Data shown:
——

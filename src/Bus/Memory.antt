-- ===== src/Bus/Memory.antt =====
-- What the operations of the bus do to the mapped words when the accesses are enabled.
use uscope_driver.Prelude.{
  ℕ, suc, ◌+◌, ◌-◌, ◌/◌, ◌≤◌, ◌<◌, ◌^◌, ◌≡◌, inl, inr, false, List, [], ◌∷◌, ◌++◌, fun_ext, sym, ap,
  ◌∙◌, some, arith, ltb, ◌==◌, Bool-cases, none, if◌then◌else◌, u32, length, get_elem?,
}
use uscope_driver.Exec.{Result, ok}
use uscope_driver.Bus.{
  BusAccessor, BusOp, control_plane_write, rom_plane_write, store, write_register, read_register,
  store_program, load_program,
}

-- The word of the control bus that an address names.
abbrev pub register_index : BusAccessor → ℕ → ℕ
register_index b address = (address - b.control_addr) / 4

abbrev pub fcore_index : BusAccessor → ℕ → ℕ
fcore_index b address = (address - b.core_addr) / 4

abbrev pub IsMapped : BusAccessor → ℕ → Type 0
IsMapped b address = (b.control_addr ≤ address) × (register_index b address < b.n_registers)

abbrev pub write_op : List ℕ → ℕ → BusOp
write_op addresses value = record {
  address = addresses;
  values = value ∷ [];
  kind = control_plane_write;
}

-- A read of one mapped register after a write to another returns the written value, cut to 32
-- bits, if both addresses name one word, and otherwise what a read returned before.
pub read_register-write_register :
    (b : BusAccessor) (a c value random : ℕ)
    → b.sink_mode ≡ false
    → IsMapped b a
    → IsMapped b c
    → (read_register random (c ∷ []) (write_register (a ∷ []) value b).1).0 ≡ (
        if register_index b c == register_index b a
        then ok (u32 value)
        else (read_register random (c ∷ []) b).0)
unfolding read_register write_register
read_register-write_register b a c value random on ma mc = ground arith

-- A proxied write leaves the value at the proxy's register and the register's address at the one
-- after it, and changes no other word.
pub write_register_proxied :
    (b : BusAccessor) (address proxy value : ℕ)
    → b.sink_mode ≡ false
    → proxy + 4 < 2 ^ 64
    → IsMapped b proxy
    → IsMapped b (proxy + 4)
    → let (result, after) = write_register (address ∷ proxy ∷ []) value b in
      (result ≡ ok tt)
      × ((i : ℕ)
          → after.registers i ≡ (
              if i == register_index b proxy
              then u32 value
              else if i == register_index b proxy + 1
              then u32 address
              else b.registers i))
unfolding write_register
write_register_proxied b address proxy value on fits mp mq = (ground arith, λ i. ground arith)

-- The memory with the words of a program laid over it from index `first` on.
abbrev pub overlay : (ℕ → ℕ) → ℕ → List ℕ → ℕ → ℕ
overlay memory first program j =
    if ltb j first
    then memory j
    else elim (get_elem? program (j - first)) [ none ↦ memory j | some word ↦ u32 word ]

overlay-nil : (memory : ℕ → ℕ) (first j : ℕ) → overlay memory first [] j ≡ memory j
overlay-nil memory first j = ground arith

overlay-cons :
    (memory : ℕ → ℕ) (first word : ℕ) (program : List ℕ) (j : ℕ)
    → overlay (store memory first (u32 word)) (suc first) program j
      ≡ overlay memory first (word ∷ program) j
overlay-cons memory first word program j = elim (Bool-cases (ltb first j)) [
  | inl above ↦ let e : j - first ≡ suc (j - suc first) = ground arith in rw e (ground arith)
  | inr below ↦ let e : j - first ≡ 0 = ground arith in rw e (ground arith)
]

store_program_lem :
    (b : BusAccessor) (address i : ℕ) (program : List ℕ)
    → b.core_addr ≤ address
    → i + fcore_index b address + length program ≤ b.n_fcore
    → store_program address i program b
      ≡ (ok tt, record b { fcore = overlay b.fcore (i + fcore_index b address) program })
unfolding store_program
store_program_lem b address i [] h fits =
    ap {B = Result (Unit {0}) × BusAccessor} (λ m. (ok tt, record b { fcore = m }))
      (fun_ext λ j. sym (overlay-nil b.fcore (i + fcore_index b address) j))
store_program_lem b address i (word ∷ program) h fits =
    let index = i + fcore_index b address in
    let b' = record b { fcore = store b.fcore index (u32 word) } in
    let next : i + 1 + fcore_index b address ≡ suc index = omega arith in
    let step : store_program address i (word ∷ program) b
        ≡ store_program address (i + 1) program b' =
      ground arith in
    step
    ∙ store_program_lem b' address (i + 1) program h (omega arith)
    ∙ ap {B = Result (Unit {0}) × BusAccessor} (λ m. (ok tt, record b { fcore = m }))
        (fun_ext λ j. rw next (overlay-cons b.fcore index word program j))

-- Outside sink mode a program that fits the mapping is stored word by word from the address on, and
-- nothing else of the memory changes; the log gets one operation that holds the whole program.
pub load_program_lem :
    (b : BusAccessor) (address : ℕ) (program : List ℕ)
    → b.sink_mode ≡ false
    → b.core_addr ≤ address
    → fcore_index b address + length program ≤ b.n_fcore
    → load_program address program b ≡ (
      ok tt,
      record b {
        fcore = overlay b.fcore (fcore_index b address) program;
        operations =
            b.operations
            ++ record { address = address ∷ []; values = program; kind = rom_plane_write } ∷ [];
      },
    )
unfolding load_program
load_program_lem b address program on h fits =
    ground (arith, store_program_lem b address 0 program h)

——

Your assignment: The data above should be copied out with complete accuracy.

Result of this task:
filename src/Bus/Memory.antt
-- ===== src/Bus/Memory.antt =====
-- What the operations of the bus do to the mapped words when the accesses are enabled.
use uscope_driver.Prelude.{
  ℕ, suc, ◌+◌, ◌-◌, ◌/◌, ◌≤◌, ◌<◌, ◌^◌, ◌≡◌, inl, inr, false, List, [], ◌∷◌, ◌++◌, fun_ext, sym, ap,
  ◌∙◌, some, arith, ltb, ◌==◌, Bool-cases, none, if◌then◌else◌, u32, length, get_elem?,
}
use uscope_driver.Exec.{Result, ok}
use uscope_driver.Bus.{
  BusAccessor, BusOp, control_plane_write, rom_plane_write, store, write_register, read_register,
  store_program, load_program,
}

-- The word of the control bus that an address names.
abbrev pub register_index : BusAccessor → ℕ → ℕ
register_index b address = (address - b.control_addr) / 4

abbrev pub fcore_index : BusAccessor → ℕ → ℕ
fcore_index b address = (address - b.core_addr) / 4

abbrev pub IsMapped : BusAccessor → ℕ → Type 0
IsMapped b address = (b.control_addr ≤ address) × (register_index b address < b.n_registers)

abbrev pub write_op : List ℕ → ℕ → BusOp
write_op addresses value = record {
  address = addresses;
  values = value ∷ [];
  kind = control_plane_write;
}

-- A read of one mapped register after a write to another returns the written value, cut to 32
-- bits, if both addresses name one word, and otherwise what a read returned before.
pub read_register-write_register :
    (b : BusAccessor) (a c value random : ℕ)
    → b.sink_mode ≡ false
    → IsMapped b a
    → IsMapped b c
    → (read_register random (c ∷ []) (write_register (a ∷ []) value b).1).0 ≡ (
        if register_index b c == register_index b a
        then ok (u32 value)
        else (read_register random (c ∷ []) b).0)
unfolding read_register write_register
read_register-write_register b a c value random on ma mc = ground arith

-- A proxied write leaves the value at the proxy's register and the register's address at the one
-- after it, and changes no other word.
pub write_register_proxied :
    (b : BusAccessor) (address proxy value : ℕ)
    → b.sink_mode ≡ false
    → proxy + 4 < 2 ^ 64
    → IsMapped b proxy
    → IsMapped b (proxy + 4)
    → let (result, after) = write_register (address ∷ proxy ∷ []) value b in
      (result ≡ ok tt)
      × ((i : ℕ)
          → after.registers i ≡ (
              if i == register_index b proxy
              then u32 value
              else if i == register_index b proxy + 1
              then u32 address
              else b.registers i))
unfolding write_register
write_register_proxied b address proxy value on fits mp mq = (ground arith, λ i. ground arith)

-- The memory with the words of a program laid over it from index `first` on.
abbrev pub overlay : (ℕ → ℕ) → ℕ → List ℕ → ℕ → ℕ
overlay memory first program j =
    if ltb j first
    then memory j
    else elim (get_elem? program (j - first)) [ none ↦ memory j | some word ↦ u32 word ]

overlay-nil : (memory : ℕ → ℕ) (first j : ℕ) → overlay memory first [] j ≡ memory j
overlay-nil memory first j = ground arith

overlay-cons :
    (memory : ℕ → ℕ) (first word : ℕ) (program : List ℕ) (j : ℕ)
    → overlay (store memory first (u32 word)) (suc first) program j
      ≡ overlay memory first (word ∷ program) j
overlay-cons memory first word program j = elim (Bool-cases (ltb first j)) [
  | inl above ↦ let e : j - first ≡ suc (j - suc first) = ground arith in rw e (ground arith)
  | inr below ↦ let e : j - first ≡ 0 = ground arith in rw e (ground arith)
]

store_program_lem :
    (b : BusAccessor) (address i : ℕ) (program : List ℕ)
    → b.core_addr ≤ address
    → i + fcore_index b address + length program ≤ b.n_fcore
    → store_program address i program b
      ≡ (ok tt, record b { fcore = overlay b.fcore (i + fcore_index b address) program })
unfolding store_program
store_program_lem b address i [] h fits =
    ap {B = Result (Unit {0}) × BusAccessor} (λ m. (ok tt, record b { fcore = m }))
      (fun_ext λ j. sym (overlay-nil b.fcore (i + fcore_index b address) j))
store_program_lem b address i (word ∷ program) h fits =
    let index = i + fcore_index b address in
    let b' = record b { fcore = store b.fcore index (u32 word) } in
    let next : i + 1 + fcore_index b address ≡ suc index = omega arith in
    let step : store_program address i (word ∷ program) b
        ≡ store_program address (i + 1) program b' =
      ground arith in
    step
    ∙ store_program_lem b' address (i + 1) program h (omega arith)
    ∙ ap {B = Result (Unit {0}) × BusAccessor} (λ m. (ok tt, record b { fcore = m }))
        (fun_ext λ j. rw next (overlay-cons b.fcore index word program j))

-- Outside sink mode a program that fits the mapping is stored word by word from the address on, and
-- nothing else of the memory changes; the log gets one operation that holds the whole program.
pub load_program_lem :
    (b : BusAccessor) (address : ℕ) (program : List ℕ)
    → b.sink_mode ≡ false
    → b.core_addr ≤ address
    → fcore_index b address + length program ≤ b.n_fcore
    → load_program address program b ≡ (
      ok tt,
      record b {
        fcore = overlay b.fcore (fcore_index b address) program;
        operations =
            b.operations
            ++ record { address = address ∷ []; values = program; kind = rom_plane_write } ∷ [];
      },
    )
unfolding load_program
load_program_lem b address program on h fits =
    ground (arith, store_program_lem b address 0 program h)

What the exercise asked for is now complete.